### DATA PROVIDED
○ ○ ○ ○ ○ ○ ○

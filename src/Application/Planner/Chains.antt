-- ===== src/Application/Planner/Chains.antt =====
-- A plan that was normalised is a chain: each action waits for the one before it.
use prism_agent.Prelude.{
  ℕ, suc, ◌+◌, ◌<◌, String, ◌≡◌, refl, ap, true, false, Option, none, some, List, [], ◌∷◌, length,
  elem, All, All-impl, arith, Bool-cases, inl, inr, if◌then◌else◌, ◌==◌, eq_iff, eq_refl,
}
use prism_agent.Prelude.Dependencies
use prism_agent.Domain.Actions.{PlannedAction, ActionStatus, has_status}
use prism_agent.Domain.Plans.{AgentPlan, completed}
use prism_agent.Domain.Plans.Next.{ids, IsRunnable}
use prism_agent.Domain.Plans.Run.{commit_all, commit_all-completed, pending_count}
use prism_agent.Domain.Policies.{ActionApprovalPolicy}
use prism_agent.Domain.Results.{AgentContext}
use prism_agent.Infrastructure.Registries.Lookups.{AtMostOnce}
use prism_agent.Application.Planner.{
  previous_ids, normalized_action, normalized_actions, PlanOrigin, normalize_plan,
}

-- Where a text stands in a list.
abbrev pub position : List String → String → ℕ
position [] i = 0
position (x ∷ xs) i = if x == i then 0 else suc (position xs i)

-- The ranks rise along a list, and the first one is above what went before.
abbrev IsAbove : (String → ℕ) → Option String → String → Type 0
IsAbove rank none x = Unit
IsAbove rank (some p) x = rank p < rank x

abbrev IsRising : (String → ℕ) → Option String → List String → Type 0
IsRising rank previous [] = Unit
IsRising rank previous (x ∷ xs) = IsAbove rank previous x × IsRising rank (some x) xs

abbrev IsKnown : List String → Option String → Type 0
IsKnown known none = Unit
IsKnown known (some p) = elem p known ≡ true

elem_self : (l : List String) → All (λ x. elem x l ≡ true) l
elem_self [] = tt
elem_self (x ∷ l) =
    (ground (arith, eq_refl x), All-impl _ _ l (λ y h. ground (arith, h)) (elem_self l))

IsRising-shift :
    (rank rank' : String → ℕ) (p : String) (l : List String)
    → rank' p ≡ suc (rank p)
    → All (λ x. rank' x ≡ suc (rank x)) l
    → IsRising rank (some p) l
    → IsRising rank' (some p) l
IsRising-shift rank rank' p [] e es h = tt
IsRising-shift rank rank' p (x ∷ l) e es h =
    (omega (arith, e, es.0, h.0), IsRising-shift rank rank' x l es.0 es.1 h.1)

position-cons :
    (x : String) (xs l : List String)
    → elem x l ≡ false
    → All (λ y. position (x ∷ xs) y ≡ suc (position xs y)) l
position-cons x xs [] new = tt
position-cons x xs (y ∷ l) new =
    (ground (arith, eq_iff x y, eq_iff y x), position-cons x xs l (ground arith))

position-IsRising : (l : List String) → AtMostOnce l → IsRising (position l) none l
position-IsRising [] once = tt
position-IsRising (x ∷ []) once = (tt, tt)
position-IsRising (x ∷ y ∷ l) once =
    let others = position-cons x (y ∷ l) (y ∷ l) once.0 in
    let tail = position-IsRising (y ∷ l) once.1 in
    (
      tt,
      (
        ground (arith, others.0, eq_refl x),
        IsRising-shift (position (y ∷ l)) (position (x ∷ y ∷ l)) y l others.0 others.1 tail.1,
      ),
    )

module _ (context : AgentContext) (plan_id prefix : String) (policy : ActionApprovalPolicy) where
  abbrev chain : ℕ → Option String → List PlannedAction → List PlannedAction
  chain = normalized_actions context plan_id prefix policy

  ids-chain :
      (index : ℕ) (previous : Option String) (actions : List PlannedAction)
      → ids (chain index previous actions) ≡ ids actions
  unfolding normalized_actions normalized_action
  ids-chain index previous [] = refl
  ids-chain index previous (a ∷ actions) =
      ap (λ rest. a.action_id ∷ rest) (ids-chain (index + 1) (some a.action_id) actions)

  pending-chain :
      (index : ℕ) (previous : Option String) (actions : List PlannedAction)
      → All (λ a. has_status ActionStatus.pending a ≡ true) (chain index previous actions)
  unfolding normalized_actions normalized_action
  pending-chain index previous [] = tt
  pending-chain index previous (a ∷ actions) =
      (refl, pending-chain (index + 1) (some a.action_id) actions)

  pending_count-chain :
      (index : ℕ) (previous : Option String) (actions : List PlannedAction)
      → pending_count (chain index previous actions) ≡ length actions
  unfolding normalized_actions normalized_action
  pending_count-chain index previous [] = refl
  pending_count-chain index previous (a ∷ actions) =
      omega (arith, pending_count-chain (index + 1) (some a.action_id) actions)

  IsRanked-previous :
      (rank : String → ℕ) (previous : Option String) (x : String)
      → IsAbove rank previous x
      → All (λ d. rank d < rank x) (previous_ids previous)
  IsRanked-previous rank none x h = tt
  IsRanked-previous rank (some p) x h = elim (Bool-cases (p == "")) [
    | inl e ↦ rw e tt
    | inr e ↦ rw e (h, tt)
  ]

  IsClosed-previous :
      (known : List String) (previous : Option String)
      → IsKnown known previous
      → All (λ d. elem d known ≡ true) (previous_ids previous)
  IsClosed-previous known none h = tt
  IsClosed-previous known (some p) h = elim (Bool-cases (p == "")) [
    | inl e ↦ rw e tt
    | inr e ↦ rw e (h, tt)
  ]

  chain-IsRanked :
      (rank : String → ℕ) (index : ℕ) (previous : Option String) (actions : List PlannedAction)
      → IsRising rank previous (ids actions)
      → Dependencies.IsRanked
          (λ a. a.action_id)
          (λ a. a.depends_on)
          rank
          (chain index previous actions)
  unfolding normalized_actions normalized_action
  chain-IsRanked rank index previous [] h = tt
  chain-IsRanked rank index previous (a ∷ actions) h = (
    IsRanked-previous rank previous a.action_id h.0,
    chain-IsRanked rank (index + 1) (some a.action_id) actions h.1,
  )

  chain-IsClosed :
      (known : List String) (index : ℕ) (previous : Option String) (actions : List PlannedAction)
      → IsKnown known previous
      → All (λ i. elem i known ≡ true) (ids actions)
      → Dependencies.IsClosed
          (λ a. a.action_id)
          (λ a. a.depends_on)
          known
          (chain index previous actions)
  unfolding normalized_actions normalized_action
  chain-IsClosed known index previous [] p h = tt
  chain-IsClosed known index previous (a ∷ actions) p h = (
    IsClosed-previous known previous p,
    chain-IsClosed known (index + 1) (some a.action_id) actions h.0 h.1,
  )

  chain-IsRunnable :
      (actions : List PlannedAction)
      → AtMostOnce (ids actions)
      → IsRunnable (position (ids actions)) (chain 1 none actions)
  chain-IsRunnable actions once = record {
    ranked = chain-IsRanked (position (ids actions)) 1 none actions (position-IsRising _ once);
    closed =
        rw (ids-chain 1 none actions)
          (chain-IsClosed (ids actions) 1 none actions tt (elem_self (ids actions)));
    settled = All-impl _ _ _ (λ a h. inl h) (pending-chain 1 none actions);
  }

-- Whatever dependencies, statuses and approvals the planning agent wrote, a normalised plan whose
-- actions have different identifiers, with at least one action, is completed after as many
-- successful actions as it has.
pub normalize_plan-completed :
    (plan : AgentPlan) (context : AgentContext) (snapshot_ref plan_id prefix : String)
    (origin : PlanOrigin) (policy : ActionApprovalPolicy)
    → AtMostOnce (ids plan.actions)
    → 0 < length plan.actions
    → (commit_all
        (length plan.actions)
        (normalize_plan plan context snapshot_ref plan_id prefix origin policy)).status
      ≡ completed
unfolding normalize_plan
normalize_plan-completed plan context snapshot_ref plan_id prefix origin policy once some_action =
    let counted = pending_count-chain context plan_id prefix policy 1 none plan.actions in
    commit_all-completed (position (ids plan.actions)) (length plan.actions) _
      (chain-IsRunnable context plan_id prefix policy plan.actions once) refl
      (omega (arith, counted)) (omega (arith, counted))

○ ○ ○ ○ ○ ○ ○

The full listing should be reproduced exactly.

### OUTPUT OF THE EXERCISE
filename src/Application/Planner/Chains.antt
-- ===== src/Application/Planner/Chains.antt =====
-- A plan that was normalised is a chain: each action waits for the one before it.
use prism_agent.Prelude.{
  ℕ, suc, ◌+◌, ◌<◌, String, ◌≡◌, refl, ap, true, false, Option, none, some, List, [], ◌∷◌, length,
  elem, All, All-impl, arith, Bool-cases, inl, inr, if◌then◌else◌, ◌==◌, eq_iff, eq_refl,
}
use prism_agent.Prelude.Dependencies
use prism_agent.Domain.Actions.{PlannedAction, ActionStatus, has_status}
use prism_agent.Domain.Plans.{AgentPlan, completed}
use prism_agent.Domain.Plans.Next.{ids, IsRunnable}
use prism_agent.Domain.Plans.Run.{commit_all, commit_all-completed, pending_count}
use prism_agent.Domain.Policies.{ActionApprovalPolicy}
use prism_agent.Domain.Results.{AgentContext}
use prism_agent.Infrastructure.Registries.Lookups.{AtMostOnce}
use prism_agent.Application.Planner.{
  previous_ids, normalized_action, normalized_actions, PlanOrigin, normalize_plan,
}

-- Where a text stands in a list.
abbrev pub position : List String → String → ℕ
position [] i = 0
position (x ∷ xs) i = if x == i then 0 else suc (position xs i)

-- The ranks rise along a list, and the first one is above what went before.
abbrev IsAbove : (String → ℕ) → Option String → String → Type 0
IsAbove rank none x = Unit
IsAbove rank (some p) x = rank p < rank x

abbrev IsRising : (String → ℕ) → Option String → List String → Type 0
IsRising rank previous [] = Unit
IsRising rank previous (x ∷ xs) = IsAbove rank previous x × IsRising rank (some x) xs

abbrev IsKnown : List String → Option String → Type 0
IsKnown known none = Unit
IsKnown known (some p) = elem p known ≡ true

elem_self : (l : List String) → All (λ x. elem x l ≡ true) l
elem_self [] = tt
elem_self (x ∷ l) =
    (ground (arith, eq_refl x), All-impl _ _ l (λ y h. ground (arith, h)) (elem_self l))

IsRising-shift :
    (rank rank' : String → ℕ) (p : String) (l : List String)
    → rank' p ≡ suc (rank p)
    → All (λ x. rank' x ≡ suc (rank x)) l
    → IsRising rank (some p) l
    → IsRising rank' (some p) l
IsRising-shift rank rank' p [] e es h = tt
IsRising-shift rank rank' p (x ∷ l) e es h =
    (omega (arith, e, es.0, h.0), IsRising-shift rank rank' x l es.0 es.1 h.1)

position-cons :
    (x : String) (xs l : List String)
    → elem x l ≡ false
    → All (λ y. position (x ∷ xs) y ≡ suc (position xs y)) l
position-cons x xs [] new = tt
position-cons x xs (y ∷ l) new =
    (ground (arith, eq_iff x y, eq_iff y x), position-cons x xs l (ground arith))

position-IsRising : (l : List String) → AtMostOnce l → IsRising (position l) none l
position-IsRising [] once = tt
position-IsRising (x ∷ []) once = (tt, tt)
position-IsRising (x ∷ y ∷ l) once =
    let others = position-cons x (y ∷ l) (y ∷ l) once.0 in
    let tail = position-IsRising (y ∷ l) once.1 in
    (
      tt,
      (
        ground (arith, others.0, eq_refl x),
        IsRising-shift (position (y ∷ l)) (position (x ∷ y ∷ l)) y l others.0 others.1 tail.1,
      ),
    )

module _ (context : AgentContext) (plan_id prefix : String) (policy : ActionApprovalPolicy) where
  abbrev chain : ℕ → Option String → List PlannedAction → List PlannedAction
  chain = normalized_actions context plan_id prefix policy

  ids-chain :
      (index : ℕ) (previous : Option String) (actions : List PlannedAction)
      → ids (chain index previous actions) ≡ ids actions
  unfolding normalized_actions normalized_action
  ids-chain index previous [] = refl
  ids-chain index previous (a ∷ actions) =
      ap (λ rest. a.action_id ∷ rest) (ids-chain (index + 1) (some a.action_id) actions)

  pending-chain :
      (index : ℕ) (previous : Option String) (actions : List PlannedAction)
      → All (λ a. has_status ActionStatus.pending a ≡ true) (chain index previous actions)
  unfolding normalized_actions normalized_action
  pending-chain index previous [] = tt
  pending-chain index previous (a ∷ actions) =
      (refl, pending-chain (index + 1) (some a.action_id) actions)

  pending_count-chain :
      (index : ℕ) (previous : Option String) (actions : List PlannedAction)
      → pending_count (chain index previous actions) ≡ length actions
  unfolding normalized_actions normalized_action
  pending_count-chain index previous [] = refl
  pending_count-chain index previous (a ∷ actions) =
      omega (arith, pending_count-chain (index + 1) (some a.action_id) actions)

  IsRanked-previous :
      (rank : String → ℕ) (previous : Option String) (x : String)
      → IsAbove rank previous x
      → All (λ d. rank d < rank x) (previous_ids previous)
  IsRanked-previous rank none x h = tt
  IsRanked-previous rank (some p) x h = elim (Bool-cases (p == "")) [
    | inl e ↦ rw e tt
    | inr e ↦ rw e (h, tt)
  ]

  IsClosed-previous :
      (known : List String) (previous : Option String)
      → IsKnown known previous
      → All (λ d. elem d known ≡ true) (previous_ids previous)
  IsClosed-previous known none h = tt
  IsClosed-previous known (some p) h = elim (Bool-cases (p == "")) [
    | inl e ↦ rw e tt
    | inr e ↦ rw e (h, tt)
  ]

  chain-IsRanked :
      (rank : String → ℕ) (index : ℕ) (previous : Option String) (actions : List PlannedAction)
      → IsRising rank previous (ids actions)
      → Dependencies.IsRanked
          (λ a. a.action_id)
          (λ a. a.depends_on)
          rank
          (chain index previous actions)
  unfolding normalized_actions normalized_action
  chain-IsRanked rank index previous [] h = tt
  chain-IsRanked rank index previous (a ∷ actions) h = (
    IsRanked-previous rank previous a.action_id h.0,
    chain-IsRanked rank (index + 1) (some a.action_id) actions h.1,
  )

  chain-IsClosed :
      (known : List String) (index : ℕ) (previous : Option String) (actions : List PlannedAction)
      → IsKnown known previous
      → All (λ i. elem i known ≡ true) (ids actions)
      → Dependencies.IsClosed
          (λ a. a.action_id)
          (λ a. a.depends_on)
          known
          (chain index previous actions)
  unfolding normalized_actions normalized_action
  chain-IsClosed known index previous [] p h = tt
  chain-IsClosed known index previous (a ∷ actions) p h = (
    IsClosed-previous known previous p,
    chain-IsClosed known (index + 1) (some a.action_id) actions h.0 h.1,
  )

  chain-IsRunnable :
      (actions : List PlannedAction)
      → AtMostOnce (ids actions)
      → IsRunnable (position (ids actions)) (chain 1 none actions)
  chain-IsRunnable actions once = record {
    ranked = chain-IsRanked (position (ids actions)) 1 none actions (position-IsRising _ once);
    closed =
        rw (ids-chain 1 none actions)
          (chain-IsClosed (ids actions) 1 none actions tt (elem_self (ids actions)));
    settled = All-impl _ _ _ (λ a h. inl h) (pending-chain 1 none actions);
  }

-- Whatever dependencies, statuses and approvals the planning agent wrote, a normalised plan whose
-- actions have different identifiers, with at least one action, is completed after as many
-- successful actions as it has.
pub normalize_plan-completed :
    (plan : AgentPlan) (context : AgentContext) (snapshot_ref plan_id prefix : String)
    (origin : PlanOrigin) (policy : ActionApprovalPolicy)
    → AtMostOnce (ids plan.actions)
    → 0 < length plan.actions
    → (commit_all
        (length plan.actions)
        (normalize_plan plan context snapshot_ref plan_id prefix origin policy)).status
      ≡ completed
unfolding normalize_plan
normalize_plan-completed plan context snapshot_ref plan_id prefix origin policy once some_action =
    let counted = pending_count-chain context plan_id prefix policy 1 none plan.actions in
    commit_all-completed (position (ids plan.actions)) (length plan.actions) _
      (chain-IsRunnable context plan_id prefix policy plan.actions once) refl
      (omega (arith, counted)) (omega (arith, counted))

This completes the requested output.